Thanks! The trick is a lot of transparent layers, and a judicious use of smudge and push brushes.
What did Athenian people wear in the winter? Those women would be freezing, and the men would not exactly be warm.
Wool fabric was plentiful, and so for warmth they wore woolen robes and cloaks and such.
The climate was very mild, however, so most days they wouldn’t need to. Men generally wore very little, as a matter of fact—just a short skirt or a knee-length skirt most of the time. Women were much more modest, wearing full-length skirts that reached the ankles. (I’m picturing a woman’s exposed calf being seen as risqué, and to show her knee scandalous! But those may well be anachronistic cultural conceptions they didn’t even have). As we’ve seen, above the waist, women didn’t really cover up. Elite women might wear just a short bolero-jacket-type thing, but it didn’t cover their breasts. One thing that elite-class women sometimes wore was a small apron-looking panel around their waist, which nobody is really sure what it was for (my favorite theory is that it was like a heraldic badge showing off your family and rank). The fuller tunics and shirts I’ve depicted men wearing didn’t really appear until late in the Bronze Age, and I surmise they were more ceremonial, or maybe even just something to be worn under metal armor. Whatever they wore, Bronze Age clothing seems to have had a lot more to do with social signaling than with covering up or protection from the elements.

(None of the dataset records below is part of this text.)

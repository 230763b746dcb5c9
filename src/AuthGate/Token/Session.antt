-- ===== src/AuthGate/Token/Session.antt =====
-- How long a session can last.
use router_docker.Prelude.Maybe.{◌>>◌, check}
use router_docker.Prelude.{
  ℕ, ◌+◌, ◌*◌, ◌/◌, ◌^◌, ◌≤◌, ◌<◌, ◌≡◌, refl, sym, Bool, true, false, none, some, arith, ltb,
  if◌then◌else◌, subst, min,
}
use router_docker.Text.{Bytes, is_some}
use router_docker.Text.Decimal.{ℤ, pos}
use router_docker.AuthGate.Token.{
  Signing, second, session_ttl, max_session_lifetime, is_after, int_ltb, add_seconds, mint_token,
  issue_token, deadline_of, unlocked_until, is_old, refresh_cookie,
}
use router_docker.AuthGate.Token.Mint.{IsSigning, token_times-mint_token}

if_some : (b : Bool) (x : ℤ) → is_some (if b then some x else none) ≡ true → b ≡ true
if_some true x h = refl
if_some false x h = cc

module _ (sg : Signing) where
  -- The cookies of one session, with the time at which each was set: the password was typed at
  -- `start`, and each request may replace the cookie.
  pub data Session (start : ℕ) : Bytes → ℕ → Type 0 where
    typed : Session start (issue_token sg start) start
    slid :
        {cookie next : Bytes} {t now : ℕ}
        → Session start cookie t
        → t ≤ now
        → refresh_cookie sg now (some cookie) ≡ some next
        → Session start next now

  checked : (b : Bool) (x y : Bytes) → (check b >> some x) ≡ some y → y ≡ x
  checked true x y h = ground arith
  checked false x y h = cc

  refresh_cookie-mint_token :
      (o r now : ℕ) (next : Bytes)
      → IsSigning sg
      → o ≤ r
      → r * second ≤ now
      → r < 2 ^ 63
      → refresh_cookie sg now (some (mint_token sg (pos o) (pos r))) ≡ some next
      → next ≡ mint_token sg (pos o) (pos (now / second))
  unfolding refresh_cookie
  refresh_cookie-mint_token o r now next h le past small e =
      checked (is_old sg now (pos r)) _ next
        (rw (token_times-mint_token sg o r now h le past small) at e)

  -- Every cookie of the session still carries the time at which the password was typed.
  pub Session-origin :
      {start t : ℕ} {cookie : Bytes}
      → IsSigning sg
      → t < 2 ^ 63
      → Session start cookie t
      → (cookie ≡ mint_token sg (pos (start / second)) (pos (t / second))) × (start ≤ t)
  Session-origin {start} h small typed = (unfold issue_token in refl, omega arith)
  Session-origin {start} {t = now} h small (slid {cookie} {next} {t} s le e) =
      let (same, begun) = Session-origin h (omega arith) s in
      (
        refresh_cookie-mint_token (start / second) (t / second) now next h (omega arith)
            (omega arith) (omega arith)
            (subst (λ (c : Bytes). refresh_cookie sg now (some c) ≡ some next) same e),
        omega arith,
      )

  deadline-eq :
      (o r : ℕ)
      → deadline_of sg (pos o, pos r) ≡ pos (min (r + session_ttl) (o + max_session_lifetime))
  unfolding deadline_of add_seconds int_ltb
  deadline-eq o r = ground arith

  unlocked_until-mint_token :
      (o r now : ℕ)
      → IsSigning sg
      → o ≤ r
      → r * second ≤ now
      → r < 2 ^ 63
      → unlocked_until sg now (some (mint_token sg (pos o) (pos r))) ≡ (
          let deadline = min (r + session_ttl) (o + max_session_lifetime) in
          if ltb now (deadline * second) then some (pos deadline) else none)
  unfolding unlocked_until is_after
  unlocked_until-mint_token o r now h le past small =
      rw (token_times-mint_token sg o r now h le past small) (rw (deadline-eq o r) (ground arith))

  -- In a session that began when the password was typed at `start` and whose cookie was last set
  -- at `t`, by whatever chain of requests, the cookie unlocks the gate at a later time exactly
  -- until fifteen minutes behind the second of `t`, or twelve hours behind the second of `start`,
  -- whichever is sooner; where signing and base64 behave as documented and `t` is below 2^63
  -- nanoseconds.
  pub Session-unlocked_until :
      {start t now : ℕ} {cookie : Bytes}
      → IsSigning sg
      → t < 2 ^ 63
      → t ≤ now
      → Session start cookie t
      → unlocked_until sg now (some cookie) ≡ (
          let deadline = min (t / second + session_ttl) (start / second + max_session_lifetime) in
          if ltb now (deadline * second) then some (pos deadline) else none)
  Session-unlocked_until {start} {t} {now} {cookie} h small le s =
      let (same, begun) = Session-origin h small s in
      subst
        (λ (c : Bytes). unlocked_until sg now (some c) ≡ (
          let deadline = min (t / second + session_ttl) (start / second + max_session_lifetime) in
          if ltb now (deadline * second) then some (pos deadline) else none))
        (sym same)
        (unlocked_until-mint_token (start / second) (t / second) now h (omega arith) (omega arith)
          (omega arith))

  -- No chain of requests keeps a session unlocked beyond twelve hours from the time at which the
  -- password was typed, or beyond fifteen minutes from the time at which its cookie was last set;
  -- where signing and base64 behave as documented and that time is below 2^63 nanoseconds.
  pub Session-bounded :
      {start t now : ℕ} {cookie : Bytes}
      → IsSigning sg
      → t < 2 ^ 63
      → t ≤ now
      → Session start cookie t
      → is_some (unlocked_until sg now (some cookie)) ≡ true
      → (now < start + 12 * 60 * 60 * second) × (now < t + 15 * 60 * second)
  Session-bounded {start} {t} {now} {cookie} h small le s unlocked =
      let e = Session-unlocked_until h small le s in
      let deadline = min (t / second + session_ttl) (start / second + max_session_lifetime) in
      let early = if_some (ltb now (deadline * second)) (pos deadline) (rw e at unlocked) in
      ground arith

The really interesting thing to me, though (which the guy obscured by flames was starting to get at, and which I intend to mention when the time comes), is that Greek peoples of the Bronze Age wore highly-structured clothing sewn together from carefully-shaped pattern pieces. The loose and drapey peplos and chiton we know from classical Greece were far more rudimentary garments, made of a single large rectangle and nothing more—which were simply draped and held together with pins and belts. Furthermore, the Bronze Age towns had specialized textile “factories” that made everything from simple linens to rich luxurious fabrics. (Part of the Key Bearers’ compensation was an annual allotment of rich fabrics made by the civic textile shop!) In classical Greece, on the other hand, textiles were much more basic, and were almost entirely made in the home.
It’s almost as if Athens went from a world of sophisticated fashion designers, patternmakers, textiles, and trim, to a world that didn’t even know how to sew. I wonder what happened.